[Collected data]
----

-- ===== src/Eval/Golden/Routed.antt =====
-- The documents of eval/generate_golden_set.py before the router of llm/fake.py.
use Prim.Native.String
use kyc_agent_nordvik.Prelude.{
  ℕ, ◌≡◌, refl, sym, ap, ◌∙◌, subst, String, true, false, List, [], ◌∷◌, any, contains,
  contains-prefix, contains-append, contains-left, arith,
}
use kyc_agent_nordvik.Python.{Python, Patterns, percent}
use kyc_agent_nordvik.Effects.{value}
use kyc_agent_nordvik.Schemas.Documents.{
  DocumentType, id_document, proof_of_address, business_registration, ubo_declaration, unknown,
}
use kyc_agent_nordvik.Schemas.Case.{CustomerType}
use kyc_agent_nordvik.Llm.Fake.{type_keywords, type_by_keywords, fake_classify}
use kyc_agent_nordvik.Eval.Golden
use kyc_agent_nordvik.Eval.Golden.{id_card, invoice, bank_statement, registration_cert}

-- What is documented of `str.upper`: it maps a text character by character, and capitals to
-- themselves.
pub record UpperCases (upper : String → String) : Type 0 where
  pub appends : (a b : String) → upper (String.◌++◌ a b) ≡ String.◌++◌ (upper a) (upper b)
  pub ubo : upper "UBO DECLARATION" ≡ "UBO DECLARATION"
  pub registration : upper "COMMERCIAL REGISTER" ≡ "COMMERCIAL REGISTER"
  pub card : upper "IDENTITY CARD" ≡ "IDENTITY CARD"
  pub bill : upper "INVOICE" ≡ "INVOICE"
  pub statement : upper "BANK STATEMENT" ≡ "BANK STATEMENT"

-- A document that the generator prints.
pub data Printed : Type 0 where
  card : (name dob number expiry country nationality extra : String) → Printed
  bill : (name address issue issuer : String) → Printed
  statement : (name address issue bank : String) → Printed
  registration : (company number reg_date legal_form office : String) → Printed
  ubo : (company : String) (owners : List (String × String × ℕ)) → Printed

abbrev pub type_of : Printed → DocumentType
type_of (card name dob number expiry country nationality extra) = id_document
type_of (bill name address issue issuer) = proof_of_address
type_of (statement name address issue bank) = proof_of_address
type_of (registration company number reg_date legal_form office) = business_registration
type_of (ubo company owners) = ubo_declaration

-- The keywords of the types that the router tries before a type.
abbrev pub keywords_before : DocumentType → List String
keywords_before ubo_declaration = []
keywords_before business_registration = "UBO DECLARATION" ∷ "BENEFICIAL OWNER" ∷ []
keywords_before id_document =
    "UBO DECLARATION" ∷ "BENEFICIAL OWNER" ∷ "CERTIFICATE OF REGISTRATION" ∷ "COMMERCIAL REGISTER"
    ∷ "BUSINESS REGISTRY" ∷ []
keywords_before proof_of_address =
    "UBO DECLARATION" ∷ "BENEFICIAL OWNER" ∷ "CERTIFICATE OF REGISTRATION" ∷ "COMMERCIAL REGISTER"
    ∷ "BUSINESS REGISTRY" ∷ "IDENTITY CARD" ∷ "PASSPORT" ∷ "RESIDENCE PERMIT" ∷ []
keywords_before unknown = []

module _ (py : Python) where
  abbrev pub text_of : Printed → String
  text_of (card name dob number expiry country nationality extra) =
      id_card name dob number expiry country nationality extra
  text_of (bill name address issue issuer) = invoice py name address issue issuer
  text_of (statement name address issue bank) = bank_statement py name address issue bank
  text_of (registration company number reg_date legal_form office) =
      registration_cert company number reg_date legal_form office
  text_of (ubo company owners) = Golden.ubo_declaration py company owners

-- The keyword that is printed on a document.
abbrev heading : Printed → String
heading (card name dob number expiry country nationality extra) = "IDENTITY CARD"
heading (bill name address issue issuer) = "INVOICE"
heading (statement name address issue bank) = "BANK STATEMENT"
heading (registration company number reg_date legal_form office) = "COMMERCIAL REGISTER"
heading (ubo company owners) = "UBO DECLARATION"

module _ (upper : String → String) (cases : UpperCases upper) where
  contains-upper_left :
      (h s t : String) → contains h (upper s) ≡ true → contains h (upper (String.◌++◌ s t)) ≡ true
  contains-upper_left h s t e =
      subst (λ u. contains h u ≡ true) (sym (cases.appends s t))
        (contains-left h (upper s) (upper t) e)

  contains-upper_append :
      (h s t : String) → contains h (upper t) ≡ true → contains h (upper (String.◌++◌ s t)) ≡ true
  contains-upper_append h s t e =
      subst (λ u. contains h u ≡ true) (sym (cases.appends s t))
        (contains-append h (upper s) (upper t) e)

  contains-upper : (h t : String) → upper h ≡ h → contains h (upper (String.◌++◌ h t)) ≡ true
  contains-upper h t e =
      subst (λ u. contains h u ≡ true)
        (sym (cases.appends h t ∙ ap (λ u. String.◌++◌ u (upper t)) e))
        (contains-prefix h (upper t))

  -- In a text whose parts around the keyword are known.
  contains-heading :
      (h a b t : String)
      → upper h ≡ h
      → contains h (upper (String.◌++◌ (String.◌++◌ a (String.◌++◌ h b)) t)) ≡ true
  contains-heading h a b t e =
      contains-upper_left h _ t (contains-upper_append h a _ (contains-upper h b e))

module _ (py : Python) (cases : UpperCases py.upper) where
  text-heading : (p : Printed) → contains (heading p) (py.upper (text_of py p)) ≡ true
  text-heading (card name dob number expiry country nationality extra) =
      contains-upper_append py.upper cases "IDENTITY CARD" country _
        (contains-heading py.upper cases "IDENTITY CARD" "\n" "\nFull name: " _ cases.card)
  text-heading (bill name address issue issuer) =
      contains-upper_append py.upper cases "INVOICE" (py.upper issuer) _
        (contains-heading py.upper cases "INVOICE" "\nELECTRICITY " "\nCustomer: " _ cases.bill)
  text-heading (statement name address issue bank) =
      contains-upper_append py.upper cases "BANK STATEMENT" (py.upper bank) _ (
        contains-heading py.upper cases "BANK STATEMENT" "\n" "\nAccount holder: " _
          cases.statement)
  text-heading (registration company number reg_date legal_form office) =
      contains-heading py.upper cases "COMMERCIAL REGISTER" "REPUBLIC OF ESTONIA — "
        "\nCERTIFICATE OF REGISTRATION\n" _ cases.registration
  text-heading (ubo company owners) =
      contains-heading py.upper cases "UBO DECLARATION" "" "\nCompany name: " _ cases.ubo

  by_heading :
      (p : Printed) (u : String)
      → contains (heading p) u ≡ true
      → any (λ k. contains k u) (keywords_before (type_of p)) ≡ false
      → type_by_keywords u type_keywords ≡ (type_of p, percent 98)
  unfolding type_by_keywords
  by_heading (card name dob number expiry country nationality extra) u h n = ground (arith, h, n)
  by_heading (bill name address issue issuer) u h n = ground (arith, h, n)
  by_heading (statement name address issue bank) u h n = ground (arith, h, n)
  by_heading (registration company number reg_date legal_form office) u h n = ground (arith, h, n)
  by_heading (ubo company owners) u h n = ground (arith, h, n)

  -- If str.upper is as documented, then the deterministic router recognises every document that the
  -- generator prints, whatever names, dates and numbers stand in it, in which no keyword occurs of a
  -- type that it tries earlier; for a UBO declaration, which it tries first, there is no condition.
  pub fake_classify-printed :
      {W : Type 0} (re : Patterns) (p : Printed) (document_id file_name : String)
      (customer : CustomerType) (w : W)
      → any (λ k. contains k (py.upper (text_of py p))) (keywords_before (type_of p)) ≡ false
      → (fake_classify py re
          (record { document_id = document_id; file_name = file_name; text_content = text_of py p }
            ∷ [])
          customer
          w).0
        ≡ value (
            record {
              document_id = document_id;
              doc_type = type_of p;
              classifier_confidence = percent 98;
            }
            ∷ [])
  unfolding fake_classify
  fake_classify-printed re p document_id file_name customer w n =
      rw (by_heading p (py.upper (text_of py p)) (text-heading p) n) refl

----

▶ [What you will do]: What you return must match the records exactly, down to the last line.

▶ [Response area]:
-- ===== src/Eval/Golden/Routed.antt =====
-- The documents of eval/generate_golden_set.py before the router of llm/fake.py.
use Prim.Native.String
use kyc_agent_nordvik.Prelude.{
  ℕ, ◌≡◌, refl, sym, ap, ◌∙◌, subst, String, true, false, List, [], ◌∷◌, any, contains,
  contains-prefix, contains-append, contains-left, arith,
}
use kyc_agent_nordvik.Python.{Python, Patterns, percent}
use kyc_agent_nordvik.Effects.{value}
use kyc_agent_nordvik.Schemas.Documents.{
  DocumentType, id_document, proof_of_address, business_registration, ubo_declaration, unknown,
}
use kyc_agent_nordvik.Schemas.Case.{CustomerType}
use kyc_agent_nordvik.Llm.Fake.{type_keywords, type_by_keywords, fake_classify}
use kyc_agent_nordvik.Eval.Golden
use kyc_agent_nordvik.Eval.Golden.{id_card, invoice, bank_statement, registration_cert}

-- What is documented of `str.upper`: it maps a text character by character, and capitals to
-- themselves.
pub record UpperCases (upper : String → String) : Type 0 where
  pub appends : (a b : String) → upper (String.◌++◌ a b) ≡ String.◌++◌ (upper a) (upper b)
  pub ubo : upper "UBO DECLARATION" ≡ "UBO DECLARATION"
  pub registration : upper "COMMERCIAL REGISTER" ≡ "COMMERCIAL REGISTER"
  pub card : upper "IDENTITY CARD" ≡ "IDENTITY CARD"
  pub bill : upper "INVOICE" ≡ "INVOICE"
  pub statement : upper "BANK STATEMENT" ≡ "BANK STATEMENT"

-- A document that the generator prints.
pub data Printed : Type 0 where
  card : (name dob number expiry country nationality extra : String) → Printed
  bill : (name address issue issuer : String) → Printed
  statement : (name address issue bank : String) → Printed
  registration : (company number reg_date legal_form office : String) → Printed
  ubo : (company : String) (owners : List (String × String × ℕ)) → Printed

abbrev pub type_of : Printed → DocumentType
type_of (card name dob number expiry country nationality extra) = id_document
type_of (bill name address issue issuer) = proof_of_address
type_of (statement name address issue bank) = proof_of_address
type_of (registration company number reg_date legal_form office) = business_registration
type_of (ubo company owners) = ubo_declaration

-- The keywords of the types that the router tries before a type.
abbrev pub keywords_before : DocumentType → List String
keywords_before ubo_declaration = []
keywords_before business_registration = "UBO DECLARATION" ∷ "BENEFICIAL OWNER" ∷ []
keywords_before id_document =
    "UBO DECLARATION" ∷ "BENEFICIAL OWNER" ∷ "CERTIFICATE OF REGISTRATION" ∷ "COMMERCIAL REGISTER"
    ∷ "BUSINESS REGISTRY" ∷ []
keywords_before proof_of_address =
    "UBO DECLARATION" ∷ "BENEFICIAL OWNER" ∷ "CERTIFICATE OF REGISTRATION" ∷ "COMMERCIAL REGISTER"
    ∷ "BUSINESS REGISTRY" ∷ "IDENTITY CARD" ∷ "PASSPORT" ∷ "RESIDENCE PERMIT" ∷ []
keywords_before unknown = []

module _ (py : Python) where
  abbrev pub text_of : Printed → String
  text_of (card name dob number expiry country nationality extra) =
      id_card name dob number expiry country nationality extra
  text_of (bill name address issue issuer) = invoice py name address issue issuer
  text_of (statement name address issue bank) = bank_statement py name address issue bank
  text_of (registration company number reg_date legal_form office) =
      registration_cert company number reg_date legal_form office
  text_of (ubo company owners) = Golden.ubo_declaration py company owners

-- The keyword that is printed on a document.
abbrev heading : Printed → String
heading (card name dob number expiry country nationality extra) = "IDENTITY CARD"
heading (bill name address issue issuer) = "INVOICE"
heading (statement name address issue bank) = "BANK STATEMENT"
heading (registration company number reg_date legal_form office) = "COMMERCIAL REGISTER"
heading (ubo company owners) = "UBO DECLARATION"

module _ (upper : String → String) (cases : UpperCases upper) where
  contains-upper_left :
      (h s t : String) → contains h (upper s) ≡ true → contains h (upper (String.◌++◌ s t)) ≡ true
  contains-upper_left h s t e =
      subst (λ u. contains h u ≡ true) (sym (cases.appends s t))
        (contains-left h (upper s) (upper t) e)

  contains-upper_append :
      (h s t : String) → contains h (upper t) ≡ true → contains h (upper (String.◌++◌ s t)) ≡ true
  contains-upper_append h s t e =
      subst (λ u. contains h u ≡ true) (sym (cases.appends s t))
        (contains-append h (upper s) (upper t) e)

  contains-upper : (h t : String) → upper h ≡ h → contains h (upper (String.◌++◌ h t)) ≡ true
  contains-upper h t e =
      subst (λ u. contains h u ≡ true)
        (sym (cases.appends h t ∙ ap (λ u. String.◌++◌ u (upper t)) e))
        (contains-prefix h (upper t))

  -- In a text whose parts around the keyword are known.
  contains-heading :
      (h a b t : String)
      → upper h ≡ h
      → contains h (upper (String.◌++◌ (String.◌++◌ a (String.◌++◌ h b)) t)) ≡ true
  contains-heading h a b t e =
      contains-upper_left h _ t (contains-upper_append h a _ (contains-upper h b e))

module _ (py : Python) (cases : UpperCases py.upper) where
  text-heading : (p : Printed) → contains (heading p) (py.upper (text_of py p)) ≡ true
  text-heading (card name dob number expiry country nationality extra) =
      contains-upper_append py.upper cases "IDENTITY CARD" country _
        (contains-heading py.upper cases "IDENTITY CARD" "\n" "\nFull name: " _ cases.card)
  text-heading (bill name address issue issuer) =
      contains-upper_append py.upper cases "INVOICE" (py.upper issuer) _
        (contains-heading py.upper cases "INVOICE" "\nELECTRICITY " "\nCustomer: " _ cases.bill)
  text-heading (statement name address issue bank) =
      contains-upper_append py.upper cases "BANK STATEMENT" (py.upper bank) _ (
        contains-heading py.upper cases "BANK STATEMENT" "\n" "\nAccount holder: " _
          cases.statement)
  text-heading (registration company number reg_date legal_form office) =
      contains-heading py.upper cases "COMMERCIAL REGISTER" "REPUBLIC OF ESTONIA — "
        "\nCERTIFICATE OF REGISTRATION\n" _ cases.registration
  text-heading (ubo company owners) =
      contains-heading py.upper cases "UBO DECLARATION" "" "\nCompany name: " _ cases.ubo

  by_heading :
      (p : Printed) (u : String)
      → contains (heading p) u ≡ true
      → any (λ k. contains k u) (keywords_before (type_of p)) ≡ false
      → type_by_keywords u type_keywords ≡ (type_of p, percent 98)
  unfolding type_by_keywords
  by_heading (card name dob number expiry country nationality extra) u h n = ground (arith, h, n)
  by_heading (bill name address issue issuer) u h n = ground (arith, h, n)
  by_heading (statement name address issue bank) u h n = ground (arith, h, n)
  by_heading (registration company number reg_date legal_form office) u h n = ground (arith, h, n)
  by_heading (ubo company owners) u h n = ground (arith, h, n)

  -- If str.upper is as documented, then the deterministic router recognises every document that the
  -- generator prints, whatever names, dates and numbers stand in it, in which no keyword occurs of a
  -- type that it tries earlier; for a UBO declaration, which it tries first, there is no condition.
  pub fake_classify-printed :
      {W : Type 0} (re : Patterns) (p : Printed) (document_id file_name : String)
      (customer : CustomerType) (w : W)
      → any (λ k. contains k (py.upper (text_of py p))) (keywords_before (type_of p)) ≡ false
      → (fake_classify py re
          (record { document_id = document_id; file_name = file_name; text_content = text_of py p }
            ∷ [])
          customer
          w).0
        ≡ value (
            record {
              document_id = document_id;
              doc_type = type_of p;
              classifier_confidence = percent 98;
            }
            ∷ [])
  unfolding fake_classify
  fake_classify-printed re p document_id file_name customer w n =
      rw (by_heading p (py.upper (text_of py p)) (text-heading p) n) refl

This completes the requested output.